It’s reasonable to entrust the job to a reliable software development team that has built dozens of custom solutions. An experienced team can also identify and suggest the most suitable tools and technologies to make your idea a reality.
The project requires Proof of Concept (PoC)
A proof of concept is the evidence that a solution can be implemented and be a commercial success. If the solution employs cutting-edge technologies or APIs that haven’t been used for this purpose before, a PoC will help test its feasibility.
The business case, competition, and target audience analysis done at the discovery stage facilitate the rapid creation of solutions based on market needs instead of spending months and wasting money on a potentially stillborn product. A prototype built during the discovery phase can provide quick feedback from real users and investors.
BSTEVR, an NFL game simulator built by Onix, had that type of software discovery phase. BSTEVR founders envisioned a web application that would simulate games that wouldn’t have happened in real life, even calculate the points that players might score, and generate descriptions of the games’ key points.
One of Onix's leading developers analyzed the project documentation, devised a solution, and quickly coded a demo version of the complex mechanism. Convinced of the feasibility of their idea and our competence, the founders decided to contract Onix to build the MVP.
BSTEVR is an online simulator of games between NFL teams and line-ups that would never have met in real life
The project’s budget is limited
During the IT project discovery phase, experienced professionals can help define the product’s essential architecture and functionalities to implement, laying aside all redundant features.
After evaluating the product development or extension cost, they can suggest ways to reduce overall expenses and warn of possible hidden costs and risks that might cause over-budgeting.
The project discovery phase deliverables will also help make a stronger presentation for pitching to the board of directors or investors.

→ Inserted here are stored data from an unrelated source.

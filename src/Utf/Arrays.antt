-- ===== src/Utf/Arrays.antt =====
-- c/print.c: the array conversions, with the bounds of the buffer that they fill.
use yruntime.Base.{
  ℕ, ◌^◌, zero, suc, ◌+◌, ◌-◌, ◌≤◌, ◌<◌, ◌≡◌, refl, ap, sym, ◌∙◌, true, List, [], ◌∷◌, ◌++◌, some,
  length, length-append, set-append, drop, replicate, set, take-append_length, drop-replicate,
  length-replicate, drop-append_length, append_assoc, All, arith, ltb, lt→ltb, ◌>>=◌,
}
use yruntime.Utf.Code.{
  to_utf8, to_utf32, utf8_length, write_bytes, fill_utf8, to_utf8_array, utf32_loop, to_utf32_array,
}
use yruntime.Utf.RoundTrip.{to_utf32-to_utf8, length-to_utf8}

-- The text of a list of code points, one character behind the other.
abbrev pub encode : List ℕ → List ℕ
encode [] = []
encode (c ∷ cs) = to_utf8 c ++ encode cs

abbrev pub IsCodePoint : ℕ → Type 0
IsCodePoint c = c ≤ 0x10FFFF

length-encode : (cs : List ℕ) → length (encode cs) ≡ utf8_length cs
unfolding utf8_length
length-encode [] = refl
length-encode (c ∷ cs) = omega (arith, length-append (to_utf8 c) (encode cs), length-encode cs)

-- A write of bytes that fit behind `front`.
pub write_bytes-append :
    (bs front back : List ℕ)
    → length bs ≤ length back
    → write_bytes (front ++ back) (length front) bs ≡ some (front ++ (bs ++ drop (length bs) back))
unfolding write_bytes
write_bytes-append [] front back h = refl
write_bytes-append (b ∷ bs) front [] h = absurd (omega arith)
write_bytes-append (b ∷ bs) front (x ∷ back) h =
    let inside : ltb (length front) (length (front ++ x ∷ back)) ≡ true =
      lt→ltb _ _ (omega (arith, length-append front (x ∷ back))) in
    let regroup : set (front ++ x ∷ back) (length front) b ≡ (front ++ b ∷ []) ++ back =
      set-append front back x b ∙ sym (append_assoc front (b ∷ []) back) in
    let moved : length front + 1 ≡ length (front ++ b ∷ []) =
      omega (arith, length-append front (b ∷ [])) in
    rw (inside, regroup, moved)
      (write_bytes-append bs (front ++ b ∷ []) back (omega arith)
        ∙ ap some (append_assoc front (b ∷ []) (bs ++ drop (length bs) back)))

-- A character with its NUL, into what is left of the zeroed buffer.
write_char :
    (bs front : List ℕ) (n : ℕ)
    → write_bytes (front ++ replicate (length bs + n + 1) 0) (length front) (bs ++ 0 ∷ [])
      ≡ some ((front ++ bs) ++ replicate (n + 1) 0)
write_char bs front n =
    let size : length bs + n + 1 ≡ length (bs ++ 0 ∷ []) + n =
      omega (arith, length-append bs (0 ∷ [])) in
    let next : n + 1 ≡ suc n = omega arith in
    rw size (
      write_bytes-append (bs ++ 0 ∷ []) front (replicate (length (bs ++ 0 ∷ []) + n) 0)
        (omega (arith, length-replicate (length (bs ++ 0 ∷ []) + n) (zero)))
      ∙ rw (drop-replicate, next, append_assoc, append_assoc) refl)

fill_utf8-encode :
    (cs front : List ℕ)
    → length front + utf8_length cs < 2 ^ 31
    → fill_utf8 cs (front ++ replicate (utf8_length cs + 1) 0) (length front)
      ≡ some (front ++ (encode cs ++ 0 ∷ []))
unfolding fill_utf8 utf8_length
fill_utf8-encode [] front short = refl
fill_utf8-encode (c ∷ cs) front short =
    let size = length-append front (to_utf8 c) in
    let in_range : ltb (length (front ++ to_utf8 c)) (2 ^ 31) ≡ true = lt→ltb _ _ (omega arith) in
    rw (write_char (to_utf8 c) front (utf8_length cs), ← size, in_range)
      (fill_utf8-encode cs (front ++ to_utf8 c) (omega arith) ∙ simp append_assoc)

-- `_yrt_to_utf8_array` writes nothing past its buffer of one byte more than the counted length,
-- and the array holds the encodings of the code points, one behind the other, if these are fewer
-- than 2^31 bytes.
pub to_utf8_array-encode :
    (codes : List ℕ) → utf8_length codes < 2 ^ 31 → to_utf8_array codes ≡ some (encode codes)
unfolding to_utf8_array
to_utf8_array-encode codes short =
    rw (fill_utf8-encode codes [] (omega arith), ← length-encode codes)
      (ap some (take-append_length (encode codes) (0 ∷ [])))

length-utf8_length : (cs : List ℕ) → length cs ≤ utf8_length cs
unfolding utf8_length
length-utf8_length [] = omega arith
length-utf8_length (c ∷ cs) = omega (arith, length-utf8_length cs, length-to_utf8 c)

-- One round of the decoding loop on a character that is whole.
utf32_loop_step :
    (fuel c nb left : ℕ) (text : List ℕ)
    → to_utf32 text ≡ some (c, nb)
    → 0 < left
    → utf32_loop (suc fuel) text left
      ≡ (utf32_loop fuel (drop nb text) (left - nb) >>= λ codes. some (c ∷ codes))
unfolding utf32_loop
utf32_loop_step fuel c nb zero text e h = absurd (omega arith)
utf32_loop_step fuel c nb (suc left) text e h = rw e refl

utf32_loop-encode :
    (cs rest : List ℕ) (fuel : ℕ)
    → All IsCodePoint cs
    → length (encode cs) < fuel
    → utf32_loop fuel (encode cs ++ rest) (length (encode cs)) ≡ some cs
utf32_loop-encode cs rest zero h k = absurd (omega arith)
utf32_loop-encode [] rest (suc fuel) h k = unfold utf32_loop in refl
utf32_loop-encode (c ∷ cs) rest (suc fuel) (hc, h) k =
    let text = to_utf8 c ++ encode cs in
    let size : length text ≡ length (to_utf8 c) + length (encode cs) =
      length-append (to_utf8 c) (encode cs) in
    let left : length text - length (to_utf8 c) ≡ length (encode cs) = omega arith in
    let whole : to_utf32 (text ++ rest) ≡ some (c, length (to_utf8 c)) =
      rw append_assoc (to_utf32-to_utf8 c (encode cs ++ rest) hc) in
    let behind : drop (length (to_utf8 c)) (text ++ rest) ≡ encode cs ++ rest =
      rw append_assoc (drop-append_length (to_utf8 c) (encode cs ++ rest)) in
    utf32_loop_step fuel c (length (to_utf8 c)) (length text) (text ++ rest) whole
      (omega (arith, length-to_utf8 c))
    ∙ rw (left, behind, utf32_loop-encode cs rest fuel h (omega (arith, length-to_utf8 c))) refl

-- For code points up to 0x10FFFF whose text has fewer than 2^31 bytes, so that no `int` overflows:
-- `_yrt_to_utf32_array` on what `_yrt_to_utf8_array` wrote, whatever stands behind it in memory,
-- gives the code points back.
pub to_utf32_array-to_utf8_array :
    (codes rest : List ℕ)
    → All IsCodePoint codes
    → utf8_length codes < 2 ^ 31
    → (to_utf8_array codes >>= λ bytes. to_utf32_array (bytes ++ rest) (length bytes)) ≡ some codes
unfolding to_utf32_array
to_utf32_array-to_utf8_array codes rest h short =
    let in_range : ltb (length codes) (2 ^ 31) ≡ true =
      lt→ltb _ _ (omega (arith, length-utf8_length codes)) in
    rw
      (
        to_utf8_array-encode codes short,
        utf32_loop-encode codes rest (length (encode codes) + 1) h (omega arith),
        in_range,
      )
      refl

The Project Discovery Process
A whole team of specialists is involved in the discovery phase of projects, which may include a project manager, solutions architect, designers, web or mobile developers, AR/VR developers, and other tech leads as needed.

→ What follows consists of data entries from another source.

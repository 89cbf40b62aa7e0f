-- ===== src/Floats/RoundTrip.antt =====
-- c/print.c and c/conv.c: a number that is turned to text and back.
use yruntime.Base.{
  ℕ, append-nil, ◌+◌, ◌≡◌, ◌≢◌, refl, ap, List, [], ◌∷◌, ◌++◌, Bool, true, false, not, ◌&&◌, ◌||◌,
  ◌==◌, some, All, drop-all, length, length-append, c_string, ==_iff, arith,
}
use yruntime.Utf.Arrays.{write_bytes-append}
use yruntime.Slices.Code.{Slice}
use yruntime.Floats.Code.{text_to_s8, double_to_s8, double_to_s8_exp}
use yruntime.Floats.Convert.{Parsed, s8_to_number, s8_to_double}

c_string_ended : (text rest : List ℕ) → All (λ b. b ≢ 0) text → c_string (text ++ 0 ∷ rest) ≡ text
unfolding c_string
c_string_ended [] rest h = refl
c_string_ended (b ∷ text) rest (ne, h) =
    let first : (b == 0) ≡ false = ground arith in
    rw first (ap (λ r. b ∷ r) (c_string_ended text rest h))

and_true : (b : Bool) → (b && true) ≡ b
and_true true = refl
and_true false = refl

text_to_s8-block :
    (gc_malloc : ℕ → List ℕ) (text : List ℕ)
    → ((n : ℕ) → length (gc_malloc n) ≡ n)
    → text_to_s8 gc_malloc text ≡ some (record { len = length text; data' = text ++ 0 ∷ [] })
unfolding text_to_s8
text_to_s8-block gc_malloc text size =
    let ended = text ++ 0 ∷ [] in
    let count = length-append text (0 ∷ []) in
    let block = gc_malloc (length text + 1) in
    let written = write_bytes-append ended [] block (omega (arith, size (length text + 1))) in
    let none_left = drop-all (length ended) block (omega (arith, size (length text + 1))) in
    rw (written, none_left, append-nil) refl

-- With blocks of the size that is asked for: where `snprintf` prints a text without a NUL that
-- `strtod` reads whole, the slices of `_yrt_double_to_s8` and of `_yrt_double_to_s8_exp` are
-- converted to what `strtod` makes of the text, and with success if neither this nor an earlier
-- call was out of range.
s8_to_double-double_to_s8 :
    {Float Double : Type 0} (gc_malloc : ℕ → List ℕ) (snprintf : ℕ → Double → List ℕ)
    (strtof : List ℕ → Parsed Float) (strtod : List ℕ → Parsed Double) (x : Double) (prec : ℕ)
    (is_erange : Bool)
    → ((n : ℕ) → length (gc_malloc n) ≡ n)
    → All (λ b. b ≢ 0) (snprintf prec x)
    → (strtod (snprintf prec x)).bytes ≡ length (snprintf prec x)
    → let parsed = strtod (snprintf prec x) in
      let is_erange' = is_erange || parsed.out_of_range in
      (arr : Slice) × (double_to_s8 gc_malloc snprintf x prec ≡ some arr)
      × (double_to_s8_exp gc_malloc snprintf x prec ≡ some arr)
      × (s8_to_double strtof strtod is_erange arr ≡ (parsed.value, not is_erange', is_erange'))
unfolding s8_to_number
s8_to_double-double_to_s8 gc_malloc snprintf strtof strtod x prec is_erange size plain whole =
    let text = snprintf prec x in
    let block = text_to_s8-block gc_malloc text size in
    let same = (==_iff _ _).1 whole in
    (_, block, block, rw (c_string_ended text [] plain, same, and_true) refl)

The customer’s role is to give the team all the initial data they need to start the work, answer multiple written questions, participate in strategic calls and other communication, and evaluate the resulting prototype.

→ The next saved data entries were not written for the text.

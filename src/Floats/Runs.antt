-- ===== src/Floats/Runs.antt =====
-- c/print.c and c/conv.c: numbers that are their own texts, in the digits 0 and 1.
use yruntime.Base.{ℕ, ◌≡◌, refl, List, [], ◌∷◌, false, ltb, All, drop, replicate, length, c_string}
use yruntime.Slices.Code.{Slice}
use yruntime.Floats.Convert.{Parsed, to_float, to_double, successes, successes-out_of_range}

-- A reader of texts of three digits at most.
abbrev read_digits : List ℕ → Parsed (List ℕ)
read_digits text = record { value = text; bytes = length text; out_of_range = ltb 3 (length text) }

abbrev ones : ℕ → Slice
ones n = record { len = n; data' = replicate n b'1' }

successes-out_of_range_example :
    All
      (λ succ. succ ≡ false)
      (drop 1 (
        successes read_digits read_digits false
          (to_float (ones 2) ∷ to_double (ones 4) ∷ to_float (ones 2) ∷ [])))
unfolding c_string
successes-out_of_range_example =
    successes-out_of_range read_digits read_digits false (to_float (ones 2) ∷ [])
      (to_float (ones 2) ∷ []) (to_double (ones 4)) refl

Every project requires an individual approach and different methods of discovery due to unique specifics and circumstances. However, standard discovery phase steps may be summarized as follows:
1. Business analysis
To understand and define the problem and possible solutions, the team studies:
- Competition. It is important to test a product, albeit while still only a concept, against direct and indirect competition. Competitor research provides several angles to explore. The team may exploit and learn from the sensitive areas of the competition, unveil some unexplored opportunities, and bring valuable innovations to the future product.
- Users. The point is to get information about those who will use the future product, not from somebody’s idea of what users want. The gathered information may include the characteristics of potential users, the reasons they have to use the product, under what circumstances they may use it, and so forth.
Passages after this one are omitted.